What you should do »
Reproduce the records below exactly, but only between the lines holding "pub sent : ℕ" and "a.scheduled ≡ b.scheduled", inclusive.

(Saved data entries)
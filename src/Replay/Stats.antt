-- ===== src/Replay/Stats.antt =====
-- netreplay/core/replay/stats.py: the counters of a replay. Sizes and times are naturals, in bytes and microseconds, so the
-- `max` with 0 changes nothing; `timing_drift` is the pair of its operands.
use net_replay.Common.{ℕ, ◌+◌, ◌≡◌, refl, List, [], ◌∷◌, arith, max}

pub record ReplayStats : Type 0 where
  pub sent : ℕ
  pub skipped : ℕ
  pub failed : ℕ
  pub bytes : ℕ
  pub scheduled : ℕ
  pub elapsed : ℕ

abbrev pub no_stats : ReplayStats
no_stats = record { sent = 0; skipped = 0; failed = 0; bytes = 0; scheduled = 0; elapsed = 0 }

unfoldable pub record_sent : ReplayStats → ℕ → ℕ → ReplayStats
record_sent s size gap = record s {
  sent = s.sent + 1;
  bytes = s.bytes + max 0 size;
  scheduled = s.scheduled + max 0 gap;
}

unfoldable pub record_skipped : ReplayStats → ReplayStats
record_skipped s = record s { skipped = s.skipped + 1 }

unfoldable pub record_failed : ReplayStats → ReplayStats
record_failed s = record s { failed = s.failed + 1 }

unfoldable pub attempted : ReplayStats → ℕ
attempted s = s.sent + s.failed

unfoldable pub merge : ReplayStats → ReplayStats → ReplayStats
merge s other = record {
  sent = s.sent + other.sent;
  skipped = s.skipped + other.skipped;
  failed = s.failed + other.failed;
  bytes = s.bytes + other.bytes;
  scheduled = s.scheduled + other.scheduled;
  elapsed = s.elapsed + other.elapsed;
}

-- What a replay loop reports of a frame.
pub data Report : Type 0 where
  was_sent : (size gap : ℕ) → Report
  was_skipped was_failed : Report

abbrev pub report : ReplayStats → Report → ReplayStats
report s (was_sent size gap) = record_sent s size gap
report s was_skipped = record_skipped s
report s was_failed = record_failed s

abbrev pub report_all : ReplayStats → List Report → ReplayStats
report_all s [] = s
report_all s (r ∷ rs) = report_all (report s r) rs

stats_eq :
    (a b : ReplayStats)
    → a.sent ≡ b.sent
    → a.skipped ≡ b.skipped
    → a.failed ≡ b.failed
    → a.bytes ≡ b.bytes
    → a.scheduled ≡ b.scheduled
    → a.elapsed ≡ b.elapsed
    → a ≡ b
stats_eq a b e f g h i j = cc

merge-report : (s t : ReplayStats) (r : Report) → merge s (report t r) ≡ report (merge s t) r
unfolding merge record_sent record_skipped record_failed
merge-report s t (was_sent size gap) =
    stats_eq (merge s (record_sent t size gap)) (record_sent (merge s t) size gap) (omega arith)
      refl refl (omega arith) (omega arith) refl
merge-report s t was_skipped =
    stats_eq (merge s (record_skipped t)) (record_skipped (merge s t)) refl (omega arith) refl refl
      refl refl
merge-report s t was_failed =
    stats_eq (merge s (record_failed t)) (record_failed (merge s t)) refl refl (omega arith) refl
      refl refl

-- Merging the statistics of two parts of a replay gives what one accumulator would have counted: for the reports `rs` fed to
-- any statistics `t`, merging the result into `s` is feeding `rs` to `t` merged into `s`.
pub merge-report_all :
    (s t : ReplayStats) (rs : List Report) → merge s (report_all t rs) ≡ report_all (merge s t) rs
merge-report_all s t [] = refl
merge-report_all s t (r ∷ rs) = rw (merge-report_all s (report t r) rs, merge-report s t r) refl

Solution to this task »
  pub sent : ℕ
  pub skipped : ℕ
  pub failed : ℕ
  pub bytes : ℕ
  pub scheduled : ℕ
  pub elapsed : ℕ

abbrev pub no_stats : ReplayStats
no_stats = record { sent = 0; skipped = 0; failed = 0; bytes = 0; scheduled = 0; elapsed = 0 }

unfoldable pub record_sent : ReplayStats → ℕ → ℕ → ReplayStats
record_sent s size gap = record s {
  sent = s.sent + 1;
  bytes = s.bytes + max 0 size;
  scheduled = s.scheduled + max 0 gap;
}

unfoldable pub record_skipped : ReplayStats → ReplayStats
record_skipped s = record s { skipped = s.skipped + 1 }

unfoldable pub record_failed : ReplayStats → ReplayStats
record_failed s = record s { failed = s.failed + 1 }

unfoldable pub attempted : ReplayStats → ℕ
attempted s = s.sent + s.failed

unfoldable pub merge : ReplayStats → ReplayStats → ReplayStats
merge s other = record {
  sent = s.sent + other.sent;
  skipped = s.skipped + other.skipped;
  failed = s.failed + other.failed;
  bytes = s.bytes + other.bytes;
  scheduled = s.scheduled + other.scheduled;
  elapsed = s.elapsed + other.elapsed;
}

-- What a replay loop reports of a frame.
pub data Report : Type 0 where
  was_sent : (size gap : ℕ) → Report
  was_skipped was_failed : Report

abbrev pub report : ReplayStats → Report → ReplayStats
report s (was_sent size gap) = record_sent s size gap
report s was_skipped = record_skipped s
report s was_failed = record_failed s

abbrev pub report_all : ReplayStats → List Report → ReplayStats
report_all s [] = s
report_all s (r ∷ rs) = report_all (report s r) rs

stats_eq :
    (a b : ReplayStats)
    → a.sent ≡ b.sent
    → a.skipped ≡ b.skipped
    → a.failed ≡ b.failed
    → a.bytes ≡ b.bytes
    → a.scheduled ≡ b.scheduled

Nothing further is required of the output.